I am a procrastinator of the highest order and I am NOT proud of it. I hope that admitting my problem the first step towards a remedy and cure.
- Sometimes I put off things simply because they are things I don’t want to do.
- Sometimes it is because I don’t feel capable of doing them well – yes, I am a perfectionist too.
- And sometimes I don’t do things in a timely manner because I run out of time – I plan too much and aim to high.
Yet I continue to be a list maker and I derive much satisfaction from crossing things off that list.
Yes! What a good feeling to get things done!
But I often do certain things and “hold on to” other things on my list that I am procrastinating finishing. These tasks appear day after day on the daily list. So even though I am completing some items and feeling good about that, this masks the fact that I am still putting off other undesirable jobs. Ugh.
So that’s my admission. Now… I need to get to work on some things that MUST be done!
never quite enough
management is not my gift
slips away too fast
Every year on Good Friday I am reminded of what my mother used to say: “It’s Friday… but Sunday’s coming!”

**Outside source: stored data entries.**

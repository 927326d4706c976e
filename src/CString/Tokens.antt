-- ===== src/CString/Tokens.antt =====
-- What the calls of `strtok` and `strcmp` find in the strings that the harness reads.
use rtmb.Base.{ℕ, ◌≡◌, refl, ◌≢◌, true, [], ◌∷◌, ◌++◌, some, arith}
use rtmb.Params.{Bytes}
use rtmb.CString.{equal, split_token, strtok}

-- The byte `d` does not occur.
abbrev pub Free : ℕ → Bytes → Type 0
Free d [] = Unit {0}
Free d (c ∷ s) = (c ≢ d) × Free d s

-- A name in a list that `d` separates: at least one byte, and no `d`.
abbrev pub IsToken : ℕ → Bytes → Type 0
IsToken d s = (s ≢ []) × Free d s

pub split_token-Free :
    (d : ℕ) (t rest : Bytes) → Free d t → split_token d (t ++ d ∷ rest) ≡ (t, rest)
split_token-Free d [] rest h = ground arith
split_token-Free d (c ∷ t) rest (ne, h) = ground (arith, split_token-Free d t rest h)

pub split_token-all : (d : ℕ) (t : Bytes) → Free d t → split_token d t ≡ (t, [])
split_token-all d [] h = refl
split_token-all d (c ∷ t) (ne, h) = ground (arith, split_token-all d t h)

pub strtok-append :
    (d : ℕ) (t rest : Bytes) → IsToken d t → strtok d (t ++ d ∷ rest) ≡ some (t, rest)
strtok-append d [] rest (ne, h) = absurd (ne refl)
strtok-append d (c ∷ t) rest (ne, (apart, h)) = ground (arith, split_token-Free d t rest h)

pub strtok-all : (d : ℕ) (t : Bytes) → IsToken d t → strtok d t ≡ some (t, [])
strtok-all d [] (ne, h) = absurd (ne refl)
strtok-all d (c ∷ t) (ne, (apart, h)) = ground (arith, split_token-all d t h)

pub equal_self : (s : Bytes) → equal s s ≡ true
equal_self [] = refl
equal_self (c ∷ s) = ground (arith, equal_self s)
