-- ===== src/Long.antt =====
-- `long long`: integers of 64 bits, whose overflow C leaves undefined. An operation that would
-- leave the range is a fault here.
use rtmb.Base.{
  ℕ, suc, ◌+◌, ◌*◌, ◌^◌, ◌≤◌, ◌<◌, ◌≡◌, Bool, ◌&&◌, arith, arith_overflow, div_by_zero, Run, ok,
  fault, leb, ltb, if◌then◌else◌,
}
use rtmb.Base.Int.{ℤ, pos, negsuc, pos_part, neg_part, ◌+ℤ◌, ◌-ℤ◌, ◌*ℤ◌, quot, div-le_of_mul}

-- One more than the largest `long long`.
abbrev pub long_bound : ℕ
long_bound = 2 ^ 63

abbrev pub fits_long : ℤ → Bool
fits_long a = ltb (pos_part a) long_bound && leb (neg_part a) long_bound

abbrev pub checked : ℤ → Run ℤ
checked a = if fits_long a then ok a else fault arith_overflow

unfoldable pub add_long : ℤ → ℤ → Run ℤ
add_long a b = checked (a +ℤ b)

unfoldable pub sub_long : ℤ → ℤ → Run ℤ
sub_long a b = checked (a -ℤ b)

unfoldable pub mul_long : ℤ → ℤ → Run ℤ
mul_long a b = checked (a *ℤ b)

-- Division by a count, an `int` that is not negative.
unfoldable pub div_long : ℤ → ℕ → Run ℤ
div_long a n = if ltb 0 n then ok (quot a n) else fault div_by_zero

-- `a` lies between `-b` and `b`.
pub record Within (b : ℕ) (a : ℤ) : Type 0 where
  pub above : pos_part a ≤ b
  pub below : neg_part a ≤ b

pub Within-add : (a b : ℕ) (x y : ℤ) → Within a x → Within b y → Within (a + b) (x +ℤ y)
unfolding ◌+ℤ◌
Within-add a b x y p q = ground arith

pub Within-sub : (a b : ℕ) (x y : ℤ) → Within a x → Within b y → Within (a + b) (x -ℤ y)
unfolding ◌-ℤ◌
Within-sub a b x y p q = ground arith

pub mul_mono : (a b x y : ℕ) → x ≤ a → y ≤ b → x * y ≤ a * b
mul_mono a b x y p q = grind arith

pub Within-mul : (a b : ℕ) (x y : ℤ) → Within a x → Within b y → Within (a * b) (x *ℤ y)
unfolding ◌*ℤ◌
Within-mul a b (pos x) (pos y) p q = ground (arith, mul_mono a b x y p.above q.above)
Within-mul a b (pos x) (negsuc y) p q = ground (arith, mul_mono a b x (suc y) p.above q.below)
Within-mul a b (negsuc x) (pos y) p q = ground (arith, mul_mono a b (suc x) y p.below q.above)
Within-mul a b (negsuc x) (negsuc y) p q =
    ground (arith, mul_mono a b (suc x) (suc y) p.below q.below)

pub Within-quot : (n b : ℕ) (x : ℤ) → 0 < n → Within (n * b) x → Within b (quot x n)
unfolding quot
Within-quot n b (pos x) h p = ground (arith, div-le_of_mul n x b h p.above)
Within-quot n b (negsuc x) h p = ground (arith, div-le_of_mul n (suc x) b h p.below)

pub Within-mono : (a b : ℕ) (x : ℤ) → a ≤ b → Within a x → Within b x
Within-mono a b x le p = omega arith

module _ (b : ℕ) (small : b < long_bound) (x y : ℤ) where
  pub add_long-ok : Within b (x +ℤ y) → add_long x y ≡ ok (x +ℤ y)
  unfolding add_long
  add_long-ok w = ground arith

  pub sub_long-ok : Within b (x -ℤ y) → sub_long x y ≡ ok (x -ℤ y)
  unfolding sub_long
  sub_long-ok w = ground arith

  pub mul_long-ok : Within b (x *ℤ y) → mul_long x y ≡ ok (x *ℤ y)
  unfolding mul_long
  mul_long-ok w = ground arith

pub div_long-ok : (x : ℤ) (n : ℕ) → 0 < n → div_long x n ≡ ok (quot x n)
unfolding div_long
div_long-ok x n h = ground arith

My 95 year old uncle has been in the hospital for the past two weeks. He went in having difficulty breathing due to fluid build up on his very damaged heart. After that was addressed and my aunt was preparing to take him home via a stay in the local Life Care nursing facility, it was determined that he had a kink in his intestine and needed surgery. At age 95 with a very bad heart! But there was really no other way. In the moments before they took him, the family said all the things you say when you are not sure that you will see someone again. But he came through the surgery splendidly and has healed from that remarkably well.
Last week the fluid built up around his heart again, and he was transferred in the middle of the night to ICU. Once again, the fluid was reduced, yet he continues to have trouble sleeping and refuses to eat. But somehow he is getting stronger every day, going for (short) walks and using his iPad to check on current events.
This morning as we sat down in church I received my morning phone call from my aunt. Standing out in the vestibule I rejoiced to hear that the night had been a good one, he was having pancakes for breakfast, and he was moving to a “regular” room today from ICU. Hallelujah!
My uncle has a long way to go and a new lifestyle to adjust to. My aunt knows each moment is precious because the next ones are not (not ever) guaranteed. But today was a small Easter miracle for our family, and we are thankful.